How Can I Keep the Screen From Updating While Running an Excel Script?
Hey, Scripting Guy! I seem to recall that there’s a way to “freeze” the display in Microsoft Excel any time you carry out a lengthy operation; that way the user doesn’t see anything change until the operation is complete. Do you have any idea how I can do that?
Hey, IW. Do we have any idea of how you can do that? Oh, IW, you’ve cut us to the quick; after all, we’re the Scripting Guys, for Pete’s sake! How can you even ask if we have any idea of how you can do that? To tell you the truth, IW, you’ve hurt our feelings – oh, look: you made Dean cry. It’s OK, Dean; we’re sure IW didn’t mean that the way it sounded. Come on now; Scripting Guys don’t cry.
Note. Admittedly, the Scripting Guy who writes this column came close after the University of Washington football team lost in overtime for the second straight week. But he didn’t actually cry; he just had something in his eye.
Sorry, folks; trying to get Dean calmed down could take awhile. In the meantime, do we have any idea of how you can freeze the display in Microsoft Excel any time you carry out a lengthy operation? Well, now that you mention it, no, we don’t. But we can look it up:
Set objExcel = CreateObject("Excel.Application") objExcel.Visible = True Set objWorkbook = objExcel.Workbooks.Add() Set objWorksheet = objWorkbook.Worksheets(1) objExcel.ScreenUpdating = False For i = 1 to 100 For j = 1 to 100 objExcel.Cells(i,j) = i * j Next Next objExcel.ScreenUpdating = True
What we have here is a script that starts Excel and then fills a big range of cells (row 1, column 1 through row 100, column 100) with the product of the row number and the column number. You say that sounds boring, that nobody wants to sit there and watch all those numbers get added to an Excel spreadsheet? We couldn’t agree with you more; that’s why we’ve “frozen” the screen so that you don’t see each number get tediously added to the worksheet. Instead you just sit quietly for half a minute or so and then, like magic, watch as the fully-updated spreadsheet springs to life.
Oh for the love of – no, Peter, they didn’t say that you were boring; they said that Excel was boring. No, Peter, not on your sleeve; you’ll have to borrow the handkerchief from Dean as soon as he’s finished with it. Good heavens.
Kind of makes you wonder if maybe the Scripting Guys are a little too sensitive, doesn’t it?

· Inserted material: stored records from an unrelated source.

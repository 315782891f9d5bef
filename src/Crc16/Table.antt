-- ===== src/Crc16/Table.antt =====
-- The table of cyphal/src/crc16.rs computes what the checksum's bit by bit description says.
use Prim.Native.Nat.{bit_xor}
use cyphal_rs.Base.{
  ℕ, zero, suc, ◌+◌, ◌-◌, ◌*◌, ◌/◌, ◌%◌, ◌^◌, ◌<◌, ◌≡◌, refl, sym, ap, ◌∙◌, Bool, true, false,
  Bool-cases, inl, inr, ◌&&◌, Option, none, some, List, [], ◌∷◌, All, ltb, ◌==◌, get_elem?, ok,
  arith,
}
use cyphal_rs.Crc16.{table, digest, bits}
use cyphal_rs.Crc16.Bitwise.{shift, shifts, feed, bitwise}
use cyphal_rs.Crc16.Xor.{zero-bit_xor, bit_xor-lt, bit_xor_comm, bit_xor_assoc, bit_xor_parts}

-- A test of every number below `n`.
all_below : ℕ → (ℕ → Bool) → Bool
all_below zero p = true
all_below (suc n) p = p n && all_below n p

all_below-lt : (n : ℕ) (p : ℕ → Bool) (x : ℕ) → all_below n p ≡ true → x < n → p x ≡ true
unfolding all_below
all_below-lt zero p x h lt = absurd (omega arith)
all_below-lt (suc n) p x h lt = ground (arith, all_below-lt n p x)

abbrev is_entry : Option ℕ → ℕ → Bool
is_entry none x = false
is_entry (some y) x = y == x

is_entry_lem : (o : Option ℕ) (x : ℕ) → is_entry o x ≡ true → o ≡ some x
is_entry_lem none x h = cc
is_entry_lem (some y) x h = ground arith

entries : all_below 256 (λ i. is_entry (get_elem? table i) (shifts 8 (i * 256))) ≡ true
unfolding all_below shifts shift table
entries = refl

table_lem : (i : ℕ) → i < 256 → get_elem? table i ≡ some (shifts 8 (i * 256))
table_lem i h =
    is_entry_lem (get_elem? table i) (shifts 8 (i * 256)) (all_below-lt 256 _ i entries h)

low_bytes : all_below 256 (λ i. shifts 8 i == i * 256) ≡ true
unfolding all_below shifts shift
low_bytes = refl

shifts-low : (i : ℕ) → i < 256 → shifts 8 i ≡ i * 256
shifts-low i h = let e = all_below-lt 256 _ i low_bytes h in ground arith

bit_xor-zero : (a : ℕ) → a < 2 ^ 16 → bit_xor a 0 ≡ a
bit_xor-zero a h = bit_xor_comm 16 a 0 h (omega arith) ∙ zero-bit_xor a

-- The bit that leaves, times the polynomial.
shift_lem : (a : ℕ) → a < 2 ^ 16 → shift a ≡ bit_xor (a % 2 ^ 15 * 2) (a / 2 ^ 15 * 0x1021)
unfolding shift
shift_lem a h = elim (Bool-cases (ltb a (2 ^ 15))) [
  | inl e ↦
      let top : a / 2 ^ 15 * 0x1021 ≡ 0 = ground arith in
      let rest : a % 2 ^ 15 * 2 ≡ a * 2 = ground arith in
      let same = bit_xor-zero (a * 2) (ground arith) in rw (shift, e, top, rest, same) refl
  | inr e ↦
      let top : a / 2 ^ 15 * 0x1021 ≡ 0x1021 = ground arith in
      let rest : a % 2 ^ 15 * 2 ≡ a * 2 % 2 ^ 16 = ground arith in rw (shift, e, top, rest) refl
]

interchange :
    (a b x y : ℕ)
    → a < 2 ^ 16
    → b < 2 ^ 16
    → x < 2 ^ 16
    → y < 2 ^ 16
    → bit_xor (bit_xor a b) (bit_xor x y) ≡ bit_xor (bit_xor a x) (bit_xor b y)
interchange a b x y ha hb hx hy =
    bit_xor_assoc 16 a b (bit_xor x y) ha hb (bit_xor-lt 16 x y hx hy)
    ∙ ap (bit_xor a) (
        sym (bit_xor_assoc 16 b x y hb hx hy)
        ∙ ap (λ (z : ℕ). bit_xor z y) (bit_xor_comm 16 b x hb hx)
        ∙ bit_xor_assoc 16 x b y hx hb hy)
    ∙ sym (bit_xor_assoc 16 a x (bit_xor b y) ha hx (bit_xor-lt 16 b y hb hy))

poly : (n m : ℕ) → n < 2 → m < 2 → bit_xor n m * 0x1021 ≡ bit_xor (n * 0x1021) (m * 0x1021)
poly zero zero h h' = refl
poly zero (suc zero) h h' = refl
poly (suc zero) zero h h' = refl
poly (suc zero) (suc zero) h h' = refl
poly (suc (suc n)) m h h' = absurd (omega arith)
poly n (suc (suc m)) h h' = absurd (omega arith)

twice : (a b : ℕ) → bit_xor a b * 2 ≡ bit_xor (a * 2) (b * 2)
twice a b = omega (
  arith,
  zero-bit_xor 0,
  bit_xor_parts {x = a * 2} {y = b * 2} 1 a b 0 0 (omega arith) (omega arith) (omega arith)
      (omega arith),
)

-- Shifts do not mix what is added.
shift-bit_xor :
    (a b : ℕ) → a < 2 ^ 16 → b < 2 ^ 16 → shift (bit_xor a b) ≡ bit_xor (shift a) (shift b)
shift-bit_xor a b ha hb =
    let low = bit_xor-lt 15 (a % 2 ^ 15) (b % 2 ^ 15) (omega arith) (omega arith) in
    let top = bit_xor-lt 1 (a / 2 ^ 15) (b / 2 ^ 15) (omega arith) (omega arith) in
    let parts : bit_xor a b
        ≡ bit_xor (a / 2 ^ 15) (b / 2 ^ 15) * 2 ^ 15 + bit_xor (a % 2 ^ 15) (b % 2 ^ 15) =
      bit_xor_parts 15 (a / 2 ^ 15) (b / 2 ^ 15) (a % 2 ^ 15) (b % 2 ^ 15) (omega arith)
        (omega arith) (omega arith) (omega arith) in
    let quotient : bit_xor a b / 2 ^ 15 ≡ bit_xor (a / 2 ^ 15) (b / 2 ^ 15) = omega arith in
    let rest : bit_xor a b % 2 ^ 15 ≡ bit_xor (a % 2 ^ 15) (b % 2 ^ 15) = omega arith in
    let double : bit_xor (a % 2 ^ 15) (b % 2 ^ 15) * 2 ≡ bit_xor (a % 2 ^ 15 * 2) (b % 2 ^ 15 * 2) =
      twice (a % 2 ^ 15) (b % 2 ^ 15) in
    let times = poly (a / 2 ^ 15) (b / 2 ^ 15) (omega arith) (omega arith) in
    let whole : shift (bit_xor a b)
        ≡ bit_xor (bit_xor (a % 2 ^ 15 * 2) (b % 2 ^ 15 * 2))
            (bit_xor (a / 2 ^ 15 * 0x1021) (b / 2 ^ 15 * 0x1021)) =
      shift_lem (bit_xor a b) (bit_xor-lt 16 a b ha hb) ∙ rw (quotient, rest, double, times) refl in
    whole
    ∙ interchange (a % 2 ^ 15 * 2) (b % 2 ^ 15 * 2) (a / 2 ^ 15 * 0x1021) (b / 2 ^ 15 * 0x1021)
        (omega arith) (omega arith) (omega arith) (omega arith)
    ∙ rw (shift_lem a ha, shift_lem b hb) refl

shift-lt : (a : ℕ) → a < 2 ^ 16 → shift a < 2 ^ 16
shift-lt a h =
    let bound = bit_xor-lt 16 (a % 2 ^ 15 * 2) (a / 2 ^ 15 * 0x1021) (omega arith) (omega arith) in
    omega (arith, shift_lem a h)

shifts-bit_xor :
    (n a b : ℕ)
    → a < 2 ^ 16
    → b < 2 ^ 16
    → shifts n (bit_xor a b) ≡ bit_xor (shifts n a) (shifts n b)
unfolding shifts
shifts-bit_xor zero a b ha hb = refl
shifts-bit_xor (suc n) a b ha hb =
    ap (shifts n) (shift-bit_xor a b ha hb)
    ∙ shifts-bit_xor n (shift a) (shift b) (shift-lt a ha) (shift-lt b hb)

shifts-lt : (n a : ℕ) → a < 2 ^ 16 → shifts n a < 2 ^ 16
unfolding shifts
shifts-lt zero a h = h
shifts-lt (suc n) a h = shifts-lt n (shift a) (shift-lt a h)

-- What the high byte and the low byte of the register become.
feed_lem :
    (crc byte : ℕ)
    → crc < 2 ^ 16
    → byte < 256
    → feed crc byte ≡ bit_xor (crc % 256 * 256) (shifts 8 (bit_xor (crc / 256) byte * 256))
unfolding feed
feed_lem crc byte h h' =
    let i = bit_xor (crc / 256) byte in
    let low = crc % 256 in
    let bound = bit_xor-lt 8 (crc / 256) byte (omega arith) (omega arith) in
    let joined : bit_xor crc (byte * 256) ≡ i * 2 ^ 8 + low =
      bit_xor_parts 8 (crc / 256) byte low 0 (omega arith) (omega arith) (omega arith) (omega arith)
      ∙ ap (λ (x : ℕ). i * 2 ^ 8 + x) (bit_xor-zero low (omega arith)) in
    let apart : bit_xor low (i * 256) ≡ i * 2 ^ 8 + low = omega (
      arith,
      zero-bit_xor i,
      bit_xor-zero low (omega arith),
      bit_xor_parts {x = low} {y = i * 256} 8 0 i low 0 (omega arith) (omega arith) (omega arith)
          (omega arith),
    ) in
    ap (shifts 8) (joined ∙ sym apart)
    ∙ shifts-bit_xor 8 low (i * 256) (omega arith) (omega arith)
    ∙ ap (λ (x : ℕ). bit_xor x (shifts 8 (i * 256))) (shifts-low low (omega arith))

feed-lt : (crc byte : ℕ) → crc < 2 ^ 16 → byte < 256 → feed crc byte < 2 ^ 16
feed-lt crc byte h h' =
    let bound = bit_xor-lt 8 (crc / 256) byte (omega arith) (omega arith) in
    let i = bit_xor (crc / 256) byte in
    rw (feed_lem crc byte h h') (
      bit_xor-lt 16 (crc % 256 * 256) (shifts 8 (i * 256)) (omega arith)
        (shifts-lt 8 (i * 256) (omega arith)))

pub bitwise-lt :
    (crc : ℕ) (bytes : List ℕ)
    → crc < 2 ^ 16
    → All (λ byte. byte < 256) bytes
    → bitwise crc bytes < 2 ^ 16
unfolding bitwise
bitwise-lt crc [] h h' = h
bitwise-lt crc (byte ∷ rest) h (b, bs) = bitwise-lt (feed crc byte) rest (feed-lt crc byte h b) bs

-- On bytes, the table-driven `digest` never looks outside its table, and computes CRC-16 with the
-- polynomial 0x1021 bit by bit, from any 16-bit register.
pub digest-bitwise :
    {E : Type 0} (crc : ℕ) (bytes : List ℕ)
    → crc < 2 ^ 16
    → All (λ byte. byte < 256) bytes
    → digest {E = E} crc bytes ≡ ok (bitwise crc bytes)
unfolding digest bitwise
digest-bitwise crc [] h h' = refl
digest-bitwise {E} crc (byte ∷ rest) h (b, bs) =
    let i = bit_xor (crc / 256) byte in
    let bound = bit_xor-lt 8 (crc / 256) byte (omega arith) (omega arith) in
    let top : crc / 2 ^ (bits - 8) % 2 ^ 8 ≡ crc / 256 = omega arith in
    let low : crc * 2 ^ 8 % 2 ^ 16 ≡ crc % 256 * 256 = omega arith in
    let fed = feed_lem crc byte h b in
    let found = table_lem i bound in
    rw (top, low, found, ← fed) (digest-bitwise (feed crc byte) rest (feed-lt crc byte h b) bs)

Now, where we were? Oh, right: the script. As you can see, we start things out in fairly typical fashion, at least when it comes to scripts that use Microsoft Excel. After creating an instance of the Excel.Application object we set the Visible property to True; that gives us a running instance of Excel that we can see on screen. Next we use the Add method to add a new workbook to our instance of Excel, then use this line of code to bind to the first worksheet in that workbook:
Set objWorksheet = objWorkbook.Worksheets(1)

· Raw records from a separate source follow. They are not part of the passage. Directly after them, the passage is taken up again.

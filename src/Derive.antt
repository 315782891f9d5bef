-- ===== src/Derive.antt =====
-- The derive macro of uavcan-derive/src/lib.rs, and the code it makes.
pub mod Struct
pub mod Progress
pub mod Order
pub mod Serializable
pub mod Deserialize
pub mod Reading
pub mod RoundTrip
pub mod Syn
pub mod Patterns
pub mod Classify
pub mod Expand
pub mod Misclassified
pub mod Faithful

We’re now ready to start adding numbers to the worksheet, something we’ll do using this block of code (which we won’t bother explaining):
For i = 1 to 100 For j = 1 to 100 objExcel.Cells(i,j) = i * j Next Next
Of course, as we’ve already decided, we aren’t interested in watching all these numbers get added to the worksheet. That’s why, just before we launch into the preceding block of code, we set Excel’s ScreenUpdating property to False:
objExcel.ScreenUpdating = False
What’s going to happen when we set ScreenUpdating to False? Well, depending on how you want to look at it, nothing. Our script will go ahead and run its calculations and add the results to the designated cells in the spreadsheet; however, you won’t see any of that happen. Instead, Excel will just sit there, seemingly frozen. As soon as we’ve finished adding values to the spreadsheet, however, we’ll set ScreenUpdating back to True:
objExcel.ScreenUpdating = True
At that point you’ll see everything that took place while the screen was frozen. In other words, you’ll go directly from a spreadsheet that has no data on it to a spreadsheet that has data in row 1, column 1 through row 100, column 100.
Give it a try and you’ll see what we mean.

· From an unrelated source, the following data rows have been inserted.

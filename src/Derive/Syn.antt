-- ===== src/Derive/Syn.antt =====
-- What uavcan-derive/src/lib.rs uses of the crates `syn` and `regex`, as parameters.
use Prim.Native.String.{String}
use cyphal_rs.Base.{Bool, Option, List}

-- The forms of a body that the code tells apart: an enum, by the types of the fields of each
-- variant; a struct with named fields, by their types; a unit struct; and what is left.
pub data Body (Ty : Type 0) : Type 0 where
  enum : List (List Ty) → Body Ty
  named : List Ty → Body Ty
  unit other : Body Ty

-- `MetaItem::NameValue`, by the text of the name and of the literal, if that is a string.
pub record NameValue : Type 0 where
  pub ident : String
  pub lit_str : Option String

-- `syn` 0.11: a path is the list of its segments, a segment has a text and, in angle brackets, types.
pub record Syn : Type 1 where
  pub Ty : Type 0
  pub Segment : Type 0
  pub path : Ty → Option (List Segment)
  pub is_array : Ty → Bool
  pub ident : Segment → String
  pub angle_bracketed : Segment → Option (List Ty)
  pub DeriveInput : Type 0
  pub attrs : DeriveInput → List (Option NameValue)
  pub body : DeriveInput → Body Ty

-- `Regex::new`, and `is_match` of what it makes.
pub record Regex : Type 0 where
  pub new : String → Option (String → Bool)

Incidentally, temporarily disabling screen updating will also make your scripts run a tad bit faster. For example, on our test computer – with screen updating disabled – it took 17 seconds for this script to complete. With screen updating enabled, it took 13 seconds. Not a huge savings, but a savings nonetheless.
At any rate, we – hold on a second. Well, if we do take you out for ice cream will you two stop pouting?
Sorry, we have to go. We’ll see everyone tomorrow.